Table B: Rewrite Effort and Recovery
| Layers | NL Ratio | Exact Simplifications | Canonicalisation Rewrites | Simplification Rate | Residual Rate |
|---|---|---|---|---|---|
| 1 | 0.0 | 15.0 | 0.0 | 1.00 | 1.40 |
| 3 | 0.0 | 45.0 | 0.0 | 3.00 | 1.40 |
| 1 | 0.5 | 14.0 | 3.0 | 0.93 | 1.82 |
| 3 | 0.5 | 43.0 | 2.0 | 2.87 | 2.20 |
The linear rows are the cleanest. As layering rises from 1 to 3, exact simplifications scale from 15 to 45, which is what you would expect when every emitted linear wrapper is recoverable by the current matcher set. Because these ratios are events per transformed site, the layer-3 linear slice rises above 1.0: each transformed site is causing multiple exact simplification events on the way back down.
The nonlinear rows are where it gets more interesting. At layer 1, the exact simplification rate drops below 1.0, which tells us that some transformed sites are no longer fully recoverable through exact matching alone. By layer 3, the pipeline still strips a lot of the linear wrapping, but the residual metrics climb more sharply: more of the final IL survives into the post-pass scan, and the weighted complexity goes up with it.

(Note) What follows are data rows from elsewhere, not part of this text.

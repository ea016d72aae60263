-- ===== src/Wire/Agreement.antt =====
-- The frames of internal/protocol and those of web/src/protocol.ts are the same on the wire.
use open_console.Prelude.{
  ◌-◌, ◌<◌, ◌==◌, Bytes, Option, [], ◌^◌, ap, arith, codes, false, if◌then◌else◌, length, ltb, none,
  refl, some, subst, suc, zero, ℕ, ◌∙◌, ◌∷◌, ◌≡◌, ◌≤◌,
}
use open_console.Web.Json.{Json, Number, nat, str}
use open_console.Web.Protocol.{
  Frame, Payload, raw, decoded, encode_data, decode_binary, decode_control, data_frame, of_be32,
  FrameType, open_frame, resize, ping, pong, close, error, unknown_type, type_of_name,
  encode_control,
}
use open_console.Web.Protocol
use open_console.Web.Protocol.Binary.{decode_binary-encode_data}
use open_console.Web.Protocol.Control.{IsControl, decode_control-encode_control}
use open_console.Wire.{
  DataFrame, Result, header_len, marshal_binary, marshal_control, max_payload_len, ok, err,
  type_data, unmarshal_binary,
}

-- The channel and the payload of a frame that was read.
abbrev pub read_by_go : Result DataFrame → Option (ℕ × Bytes)
read_by_go (ok f) = some (f.channel, f.payload)
read_by_go (err e) = none

abbrev pub parts : Number → Payload → Option (ℕ × Bytes)
parts (nat channel) (raw payload) = some (channel, payload)
parts _ _ = none

abbrev pub read_by_browser : Protocol.Result Frame → Option (ℕ × Bytes)
read_by_browser (Protocol.ok f) = parts f.channel f.payload
read_by_browser (Protocol.err e) = none

long_enough : (payload : Bytes) → ltb (suc (suc (suc (suc (suc (length payload)))))) 5 ≡ false
long_enough payload = ground arith

-- A binary message is read alike by the Go side and by the browser, with the same channel and
-- payload or by neither, but that the Go side refuses a payload of more than 2^20 bytes.
pub unmarshal_binary-decode_binary :
    (b : Bytes)
    → read_by_go (unmarshal_binary b) ≡ (
        if ltb max_payload_len (length b - header_len)
        then none
        else read_by_browser (decode_binary b))
unfolding unmarshal_binary decode_binary
unmarshal_binary-decode_binary (t ∷ a ∷ b ∷ c ∷ d ∷ payload) = ground arith
unmarshal_binary-decode_binary [] = ground arith
unmarshal_binary-decode_binary (t ∷ []) = ground arith
unmarshal_binary-decode_binary (t ∷ a ∷ []) = ground arith
unmarshal_binary-decode_binary (t ∷ a ∷ b ∷ []) = ground arith
unmarshal_binary-decode_binary (t ∷ a ∷ b ∷ c ∷ []) = ground arith

-- A DATA frame on a channel below 2^32 with at most 2^20 bytes is written alike by both sides, and
-- what they write each of them reads back.
pub marshal_binary-encode_data :
    (channel : ℕ) (payload : Bytes)
    → channel < 2 ^ 32
    → length payload ≤ max_payload_len
    → (marshal_binary (record { type = type_data; channel = channel; payload = payload })
        ≡ ok (encode_data payload channel))
      × (unmarshal_binary (encode_data payload channel)
          ≡ ok (record { type = type_data; channel = channel; payload = payload }))
      × (decode_binary (encode_data payload channel)
          ≡ Protocol.ok
              (record { type = data_frame; channel = nat channel; payload = raw payload }))
unfolding marshal_binary encode_data unmarshal_binary
marshal_binary-encode_data channel payload h k = (
  ground arith,
  ground arith,
  decode_binary-encode_data payload channel
      ∙ ap (λ n. Protocol.ok (record { type = data_frame; channel = nat n; payload = raw payload }))
          (ground arith),
)

-- The browser's name for a control type of the Go side; it has none for WINDOW.
abbrev pub browser_type : ℕ → Option FrameType
browser_type t =
    if t == 1
    then some open_frame
    else if t == 3
    then some resize
    else if t == 4
    then some ping
    else if t == 5
    then some pong
    else if t == 6
    then some close
    else if t == 7
    then some error
    else none

-- What the browser makes of a control message of the Go side.
abbrev pub expected : Option FrameType → ℕ → Option Json → Protocol.Result Frame
expected (some t) channel payload =
    Protocol.ok (record { type = t; channel = nat channel; payload = decoded payload })
expected none channel payload = Protocol.err (unknown_type (some (str (codes "WINDOW"))))

ok-injective : (a b : Json) → ok a ≡ ok b → a ≡ b
ok-injective a b h = cc h

-- Both sides build the same message for a type that both have.
same_message :
    (t : FrameType) (channel : ℕ) (payload : Option Json) (message : Json)
    → IsControl t
    → ok (encode_control t payload channel) ≡ ok message
    → decode_control (some message) ≡ expected (some t) channel payload
same_message t channel payload message c h =
    subst (λ m. decode_control (some m) ≡ expected (some t) channel payload) (ok-injective _ _ h)
      (decode_control-encode_control t payload channel c)

-- A control message that the Go side writes the browser decodes to the same type, channel and
-- payload, unless its type is WINDOW: that message the browser refuses as of an unknown type.
pub decode_control-marshal_control :
    (type channel : ℕ) (payload : Option Json) (message : Json)
    → marshal_control type channel payload ≡ ok message
    → decode_control (some message) ≡ expected (browser_type type) channel payload
unfolding marshal_control encode_control
decode_control-marshal_control zero channel payload message h = absurd (cc h)
decode_control-marshal_control (suc zero) channel payload message h =
    same_message open_frame channel payload message tt h
decode_control-marshal_control (suc (suc zero)) channel payload message h = absurd (cc h)
decode_control-marshal_control (suc (suc (suc zero))) channel payload message h =
    same_message resize channel payload message tt h
decode_control-marshal_control (suc (suc (suc (suc zero)))) channel payload message h =
    same_message ping channel payload message tt h
decode_control-marshal_control (suc (suc (suc (suc (suc zero))))) channel payload message h =
    same_message pong channel payload message tt h
decode_control-marshal_control (suc (suc (suc (suc (suc (suc zero)))))) channel payload message h =
    same_message close channel payload message tt h
decode_control-marshal_control (suc (suc (suc (suc (suc (suc (suc zero))))))) channel payload
      message h =
    same_message error channel payload message tt h
decode_control-marshal_control (suc (suc (suc (suc (suc (suc (suc (suc zero)))))))) channel payload
      message h =
    subst (λ m. decode_control (some m) ≡ expected none channel payload) (ok-injective _ _ h)
      (unfold decode_control in unfold type_of_name in refl)
decode_control-marshal_control (suc (suc (suc (suc (suc (suc (suc (suc (suc n))))))))) channel
      payload message h =
    absurd (ground arith)
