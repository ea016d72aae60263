-- ===== src/Tests/Wire.antt =====
-- Frames and keys of both sides.
use open_console.Prelude.{
  ◌-◌, Bytes, [], arith, codes, if◌then◌else◌, length, ltb, none, refl, some, ◌∷◌, ◌≡◌,
}
use open_console.Web.Json.{Json, nat, num, str, obj, field, end}
use open_console.Web.Protocol.{
  encode_data, decode_binary, decode_control, data_frame, raw, unknown_type,
}
use open_console.Web.Protocol
use open_console.Web.Crypto
use open_console.Web.Crypto.{root, viewer}
use open_console.Wire.{
  header_len, marshal_binary, marshal_control, max_payload_len, ok, type_data, type_window,
  unmarshal_binary,
}
use open_console.Wire.Agreement.{
  read_by_go, read_by_browser, unmarshal_binary-decode_binary, marshal_binary-encode_data,
  decode_control-marshal_control,
}
use open_console.E2e.{Session, from_root_key, open_guest_to_host, seal_host_to_guest, viewer_key}
use open_console.E2e
use open_console.E2e.Interop.{sealed_across}
use open_console.Tests.Crypto.{toy, nonce, ticket_key}

abbrev buffer : Bytes
buffer = 2 ∷ 0 ∷ 0 ∷ 1 ∷ 0 ∷ b'h' ∷ b'i' ∷ []

buffer_read : read_by_go (unmarshal_binary buffer) ≡ some (256, codes "hi")
unfolding unmarshal_binary
buffer_read = refl

unmarshal_binary-decode_binary_example : read_by_go (unmarshal_binary buffer) ≡ (
    if ltb max_payload_len (length buffer - header_len)
    then none
    else read_by_browser (decode_binary buffer))
unmarshal_binary-decode_binary_example = unmarshal_binary-decode_binary buffer

marshal_binary-encode_data_example :
    (marshal_binary (record { type = type_data; channel = 256; payload = codes "hi" })
      ≡ ok (encode_data (codes "hi") 256))
    × (unmarshal_binary (encode_data (codes "hi") 256)
        ≡ ok (record { type = type_data; channel = 256; payload = codes "hi" }))
    × (decode_binary (encode_data (codes "hi") 256)
        ≡ Protocol.ok (record { type = data_frame; channel = nat 256; payload = raw (codes "hi") }))
marshal_binary-encode_data_example =
    marshal_binary-encode_data 256 (codes "hi") (omega arith) (omega arith)

abbrev window : Json
window =
    obj (field (codes "type") (str (codes "WINDOW")) (field (codes "channel") (num (nat 3)) end))

window_written : marshal_control type_window 3 none ≡ ok window
unfolding marshal_control
window_written = refl

decode_control-marshal_control_example :
    decode_control (some window) ≡ Protocol.err (unknown_type (some (str (codes "WINDOW"))))
decode_control-marshal_control_example =
    decode_control-marshal_control type_window 3 none window window_written

sealed_across_example :
    (h : Session toy) × (k : Bytes) × (g v : Crypto.Session toy) × (from_root_key toy
        (codes "abc")
        ticket_key
      ≡ E2e.ok h)
    × (viewer_key toy (codes "abc") ticket_key ≡ E2e.ok k)
    × (Crypto.from_ticket_key toy (codes "abc") ticket_key root ≡ Crypto.ok g)
    × (Crypto.from_ticket_key toy (codes "abc") k viewer ≡ Crypto.ok v)
    × ((sealed : Bytes) × (seal_host_to_guest toy (some h) 0 (some nonce) (codes "ls")
          ≡ E2e.ok sealed)
        × (Crypto.open_from_host toy g 0 sealed ≡ Crypto.ok (codes "ls"))
        × (Crypto.open_from_host toy v 0 sealed ≡ Crypto.ok (codes "ls")))
    × ((sealed : Bytes) × (Crypto.seal_to_host toy g 0 nonce (codes "ls") ≡ Crypto.ok sealed)
        × (open_guest_to_host toy (some h) 0 sealed ≡ E2e.ok (codes "ls")))
sealed_across_example = sealed_across toy (codes "abc") ticket_key 0 nonce (codes "ls") refl refl
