-- ===== src/Web.antt =====
-- The browser client, web/src.
pub mod Base32
pub mod Json
pub mod Protocol
pub mod Utf8
pub mod TextDecoder
pub mod Crypto
pub mod Tunnel
pub mod Percent
pub mod Locator
pub mod Page
pub mod Footer
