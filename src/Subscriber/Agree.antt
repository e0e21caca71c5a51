-- ===== src/Subscriber/Agree.antt =====
-- What a successful binding or unbinding guarantees.
use gsm_system.Base.{
  ◌≡◌, refl, ap, Bool, true, false, Option, none, some, if◌then◌else◌, arith, Bool-cases, ℕ, ◌≤◌,
  ==_iff, and-eq-true, inl, inr,
}
use gsm_system.Base.Text.{Text, eqb_iff}
use gsm_system.Base.Number.{ℤ, pos, negsuc}
use gsm_system.Subscriber.Snapshot.{Subscriber}
use gsm_system.Subscriber.Binding.{
  StoreError, Answer, answer, error, BindingState, binding_state, refusal, Result, StoreEnv, get,
  has_number, has_none, is_int, above_one, is_bound, is_unbound, confirm, bind_checked, bind_state,
  bind_number, unbind_known, unbind_number,
}

-- `P` of the answer, if there is one.
abbrev pub OnAnswer : (Result → Type 0) → Answer Result → Type 0
OnAnswer P (error e) = Unit
OnAnswer P (answer r) = P r

-- The read after the transaction shows the subscriber that is returned, as `ok` asks for.
pub record IsConfirmed (ok : Subscriber → Bool) (env : StoreEnv) (r : Result) : Type 0 where
  pub accepted : ok r.subscriber ≡ true
  pub shown : get env.after ≡ answer r.subscriber
  pub ran : env.transaction_runs ≡ true

confirm-IsConfirmed :
    (ok : Subscriber → Bool) (env : StoreEnv) (a : Answer Subscriber)
    → get env.after ≡ a
    → env.transaction_runs ≡ true
    → OnAnswer (IsConfirmed ok env) (confirm ok env.tmsi a)
confirm-IsConfirmed ok env (error e) h t = tt
confirm-IsConfirmed ok env (answer s) h t = elim (Bool-cases (ok s)) [
  | inl y ↦ rw y (record { accepted = y; shown = h; ran = t })
  | inr n ↦ rw n tt
]

OnAnswer-if :
    (P : Result → Type 0) (b : Bool) (x y : Answer Result)
    → (b ≡ true → OnAnswer P x)
    → (b ≡ false → OnAnswer P y)
    → OnAnswer P (if b then x else y)
OnAnswer-if P true x y f g = f refl
OnAnswer-if P false x y f g = g refl

abbrev pub AtMostOne : ℤ → Type 0
AtMostOne (pos n) = n ≤ 1
AtMostOne (negsuc n) = Unit

-- The counts that a binding may begin with: one SIP row, at most one dial row, no other holder.
pub record IsFree (s : BindingState) : Type 0 where
  pub one_sip : s.sip_count ≡ pos 1
  pub few_dials : AtMostOne s.dial_count
  pub unheld : s.conflicts ≡ pos 0

is_int-pos : (n : ℕ) (z : ℤ) → is_int n z ≡ true → z ≡ pos n
is_int-pos n (pos m) h = ap pos ((==_iff m n).0 h)
is_int-pos n (negsuc m) h = absurd (cc h)

above_one-AtMostOne : (z : ℤ) → above_one z ≡ false → AtMostOne z
above_one-AtMostOne (pos m) h = ground arith
above_one-AtMostOne (negsuc m) h = tt

refusal-IsFree : (s : BindingState) → refusal s ≡ none → IsFree s
refusal-IsFree s h = elim (Bool-cases (is_int 0 s.sip_count)) [
  | inl e ↦ absurd (cc (rw e at h))
  | inr e ↦ elim (Bool-cases (is_int 1 s.sip_count)) [
    | inr f ↦ absurd (cc (rw (e, f) at h))
    | inl f ↦ elim (Bool-cases (above_one s.dial_count)) [
      | inl g ↦ absurd (cc (rw (e, f, g) at h))
      | inr g ↦ elim (Bool-cases (is_int 0 s.conflicts)) [
        | inr k ↦ absurd (cc (rw (e, f, g, k) at h))
        | inl k ↦ record {
          one_sip = is_int-pos 1 s.sip_count f;
          few_dials = above_one-AtMostOne s.dial_count g;
          unheld = is_int-pos 0 s.conflicts k;
        }
      ]
    ]
  ]
]

pub record Binds (env : StoreEnv) (number : Text) (r : Result) : Type 0 where
  pub bound : r.subscriber.number ≡ some number
  pub consistent : r.subscriber.consistent ≡ true
  pub shown : get env.after ≡ answer r.subscriber
  pub ran : env.transaction_runs ≡ true
  pub allowed : (s : BindingState) × (binding_state env.before ≡ some s) × IsFree s

number-has_number : (n : Text) (o : Option Text) → has_number n o ≡ true → o ≡ some n
number-has_number n none h = absurd (ground arith)
number-has_number n (some m) h = ap some ((eqb_iff m n).0 h)

bind_checked-Binds :
    (env : StoreEnv) (number : Text) (s : BindingState) (e : Option StoreError)
    → binding_state env.before ≡ some s
    → refusal s ≡ e
    → OnAnswer (Binds env number) (bind_checked env number e)
bind_checked-Binds env number s (some e) h g = tt
bind_checked-Binds env number s none h g =
    OnAnswer-if (Binds env number) env.transaction_runs _ _
      (λ t.
        widen (confirm (is_bound number) env.tmsi (get env.after))
          (confirm-IsConfirmed (is_bound number) env (get env.after) refl t))
      (λ _. tt)
  where
    widen :
        (a : Answer Result)
        → OnAnswer (IsConfirmed (is_bound number) env) a
        → OnAnswer (Binds env number) a
    widen (error e) c = tt
    widen (answer r) c =
        let both =
          and-eq-true (has_number number r.subscriber.number) r.subscriber.consistent c.accepted in
        record {
          bound = number-has_number number r.subscriber.number both.0;
          consistent = both.1;
          shown = c.shown;
          ran = c.ran;
          allowed = (s, h, refusal-IsFree s g);
        }

bind_state-Binds :
    (env : StoreEnv) (number : Text) (o : Option BindingState)
    → binding_state env.before ≡ o
    → OnAnswer (Binds env number) (bind_state env number o)
bind_state-Binds env number none h = tt
bind_state-Binds env number (some s) h = bind_checked-Binds env number s (refusal s) h refl

-- Whatever the calls of sqlite3 return: a binding that is answered without an error was preceded
-- by a count of one SIP row, at most one dial row and no other holder of the number, its
-- transaction ran, and the read after it shows the returned subscriber, with exactly this number
-- and both tables agreeing.
pub bind_number-Binds :
    (env : StoreEnv) (number : Text) → OnAnswer (Binds env number) (bind_number env number)
unfolding bind_number
bind_number-Binds env number = bind_state-Binds env number (binding_state env.before) refl

pub record Unbinds (env : StoreEnv) (r : Result) : Type 0 where
  pub unbound : r.subscriber.number ≡ none
  pub consistent : r.subscriber.consistent ≡ true
  pub shown : get env.after ≡ answer r.subscriber
  pub ran : env.transaction_runs ≡ true
  pub known : (s : Subscriber) × (get env.before ≡ answer s)

number-has_none : (o : Option Text) → has_none o ≡ true → o ≡ none
number-has_none none h = refl
number-has_none (some m) h = absurd (ground arith)

unbind_known-Unbinds :
    (env : StoreEnv) (a : Answer Subscriber)
    → get env.before ≡ a
    → OnAnswer (Unbinds env) (unbind_known env a)
unbind_known-Unbinds env (error e) h = tt
unbind_known-Unbinds env (answer s) h =
    OnAnswer-if (Unbinds env) env.transaction_runs _ _
      (λ t.
        widen (confirm is_unbound env.tmsi (get env.after))
          (confirm-IsConfirmed is_unbound env (get env.after) refl t))
      (λ _. tt)
  where
    widen : (a : Answer Result) → OnAnswer (IsConfirmed is_unbound env) a → OnAnswer (Unbinds env) a
    widen (error e) c = tt
    widen (answer r) c =
        let both = and-eq-true (has_none r.subscriber.number) r.subscriber.consistent c.accepted in
        record {
          unbound = number-has_none r.subscriber.number both.0;
          consistent = both.1;
          shown = c.shown;
          ran = c.ran;
          known = (s, h);
        }

-- Whatever the calls of sqlite3 return: an unbinding that is answered without an error was of a
-- subscriber that was registered, its transaction ran, and the read after it shows the returned
-- subscriber, without a number and with both tables agreeing.
unbind_number-Unbinds : (env : StoreEnv) → OnAnswer (Unbinds env) (unbind_number env)
unfolding unbind_number
unbind_number-Unbinds env = unbind_known-Unbinds env (get env.before) refl
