-- ===== src/Subscriber/Tests.antt =====
-- Binding a number on concrete rows.
use gsm_system.Base.{◌≡◌, refl, true, [], ◌∷◌, List, none, some}
use gsm_system.Base.Text.{Text, codes, eqb, trim_space}
use gsm_system.Base.Number.{atoi}
use gsm_system.Base.Map.{find, put, delete}
use gsm_system.Subscriber.Snapshot.{
  add_row, add_rows, subscriber_from_parts, sort_entries, insert_entry, join,
  subscribers_from_snapshot,
}
use gsm_system.Subscriber.Binding.{
  StoreEnv, updated, answer, list_all, get, binding_state, project_tmsi, bind_number,
}
use gsm_system.Subscriber.Agree.{OnAnswer, Binds, bind_number-Binds}

abbrev bound_rows : List (List Text)
bound_rows =
    (codes "D" ∷ codes "001010000000001" ∷ codes "2101" ∷ [])
    ∷ (codes "S" ∷ codes "001010000000001" ∷ codes "2101" ∷ [])
    ∷ []

abbrev pub bind_env : StoreEnv
bind_env = record {
  before = some ((codes "1" ∷ codes "0" ∷ codes "0" ∷ []) ∷ []);
  transaction_runs = true;
  after_failure = none;
  after = some bound_rows;
  tmsi = record { exists = true; rows = some ((codes "1" ∷ []) ∷ []); update_runs = true };
}

pub bind_answers :
    bind_number bind_env (codes "2101")
    ≡ answer (record {
      subscriber = record {
        imsi = codes "001010000000001";
        number = some (codes "2101");
        consistent = true;
      };
      projection = updated;
    })
unfolding bind_number binding_state get list_all subscribers_from_snapshot add_rows add_row
    subscriber_from_parts sort_entries insert_entry join find put delete project_tmsi trim_space eqb
    atoi
bind_answers = refl

bind_number-Binds_example :
    OnAnswer (Binds bind_env (codes "2101")) (bind_number bind_env (codes "2101"))
bind_number-Binds_example = bind_number-Binds bind_env (codes "2101")

abbrev unbind_env : StoreEnv
unbind_env = record bind_env {
  before = some bound_rows;
  after = some (
      (codes "D" ∷ codes "001010000000001" ∷ [] ∷ [])
      ∷ (codes "S" ∷ codes "001010000000001" ∷ [] ∷ [])
      ∷ []);
}
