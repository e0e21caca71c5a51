-- ===== src/Api/Send.antt =====
-- internal/api/v1.go and internal/api/helpers.go: the submission of a message to OpenBTS.
-- `fold` is what unicode.ToLower makes of one rune above 127.
pub mod Command
use gsm_system.Base.{
  Bool, true, false, not, ◌&&◌, ◌||◌, [], ◌∷◌, ◌++◌, List, Option, none, some, length, any, all,
  ltb, ◌==◌, ℕ, if◌then◌else◌,
}
use gsm_system.Base.Text.{Text, codes, is_empty, contains, trim_space}
use gsm_system.Gsm.Params.{valid_imsi, valid_number}
use gsm_system.Parser.Tmsi.{lower_text}
use gsm_system.Api.Cell.{Code}

-- What a native command leaves: its output, and whether it failed (or could not be run).
pub record CliExit : Type 0 where
  pub output : Text
  pub failed : Bool

abbrev failure_markers : List Text
failure_markers =
    codes "no such command" ∷ codes "unable to connect" ∷ codes "command not found" ∷ []

-- `runCLIContext` of a binary with this name: the output, or `none` for an error.
unfoldable pub run_cli_context : (Text → Text) → Text → CliExit → Option Text
unfolding lower_text trim_space contains
run_cli_context fold bin exit =
    if is_empty (trim_space bin) || exit.failed
    then none
    else if any (λ marker. contains (lower_text fold exit.output) marker) failure_markers
    then none
    else some exit.output

-- The letters, digits and signs of `safe`.
abbrev pub safe_character : ℕ → Bool
safe_character c =
    any (λ d. d == c)
      (codes "@!#$%&()*+,-./0123456789:;<=>?ABCDEFGHIJKLMNOPQRSTUVWXYZ_abcdefghijklmnopqrstuvwxyz ")

pub data TextReason : Type 0 where
  required at_most_159_bytes unsafe_character : TextReason

-- `validateSMSText`: a rune outside ASCII is none of the safe ones, and neither are its bytes.
unfoldable pub validate_sms_text : Text → Option TextReason
validate_sms_text text =
    if is_empty text
    then some required
    else if ltb 159 (length text)
    then some at_most_159_bytes
    else if all safe_character text
    then none
    else some unsafe_character

pub record SmsRequest : Type 0 where
  pub imsi : Text
  pub sender : Text
  pub text : Text

pub data SendField : Type 0 where
  imsi_field sender_field : SendField
  text_field : TextReason → SendField

abbrev text_issue : Option TextReason → List SendField
text_issue none = []
text_issue (some r) = text_field r ∷ []

unfoldable pub send_issues : SmsRequest → List SendField
unfolding valid_imsi valid_number validate_sms_text
send_issues b =
    (if valid_imsi b.imsi then [] else imsi_field ∷ [])
    ++ ((if valid_number b.sender then [] else sender_field ∷ [])
        ++ text_issue (validate_sms_text b.text))

-- The answer: its code, the fields that are refused, and the command that was given to OpenBTS.
pub record SendReply : Type 0 where
  pub code : Code
  pub issues : List SendField
  pub command : Option Text

abbrev pub send_command : SmsRequest → Text
send_command b =
    codes "sendsms "
    ++ (b.imsi ++ (codes " " ++ (b.sender ++ (codes " \"" ++ (b.text ++ codes "\"")))))

abbrev submitted : Option Text → Code
submitted none = Code.internal
submitted (some output) =
    if contains output (codes "message submitted for delivery") then Code.ok else Code.internal

abbrev pub refuse_send : Code → List SendField → SendReply
refuse_send c issues = record { code = c; issues = issues; command = none }

module _ (fold : Text → Text) (bin : Text) (cli : Text → CliExit) where
  abbrev pub send_checked : Bool → SmsRequest → List SendField → SendReply
  send_checked sms_ready b (i ∷ l) = refuse_send Code.refused (i ∷ l)
  send_checked sms_ready b [] =
      if sms_ready
      then record {
        code = submitted (run_cli_context fold bin (cli (send_command b)));
        issues = [];
        command = some (send_command b);
      }
      else refuse_send Code.precondition []

  -- `handleSMSSend` of a body, or of the code of a body that could not be decoded.
  unfoldable pub handle_sms_send : Code → Bool → SmsRequest → SendReply
  unfolding run_cli_context send_issues contains
  handle_sms_send Code.ok sms_ready b = send_checked sms_ready b (send_issues b)
  handle_sms_send c sms_ready b = refuse_send c []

Table C: Residual Hardness
| Layers | NL Ratio | Avg Fragments | Avg Complexity |
|---|---|---|---|
| 1 | 0.0 | 21.0 | 25.0 |
| 1 | 0.5 | 27.3 | 48.0 |
| 3 | 0.5 | 33.0 | 77.0 |
There is one important subtlety here. The linear baseline is not zero because the residual scan is method-wide; it still sees ordinary arithmetic and bitwise structure in the final IL. What matters is the delta. Moving from the linear layer-1 slice to the mixed nonlinear layer-1 slice raises mean residual complexity from 25.0 to 48.0. Pushing the same nonlinear mix to layer 3 raises that to 77.0, about 1.6x above the layer-1 nonlinear slice.
VI - Conclusion
This is why I wanted measurement in the loop. Generating huge IL blocks is easy; making them harder to simplify without breaking correctness or blowing up size is the harder part.
Building the obfuscator and deobfuscator side by side made a few things pretty clear:
- Linear MBA is brittle against canonicalisation + pattern matching, merely imposing a computational tax.
- Nonlinear expansions break exact structural matchers and leave measurably heavier residual structure in the current pipeline.
- Complexity can be explicitly budgeted and mathematically measured, taking the guesswork out of protection efficacy.
In the end, obfuscation is still about shifting the economics of reverse engineering. This prototype does not create an unbreakable binary, but it does leave more surviving structure for an automated cleanup pass to deal with while keeping measured size growth bounded on the current sample.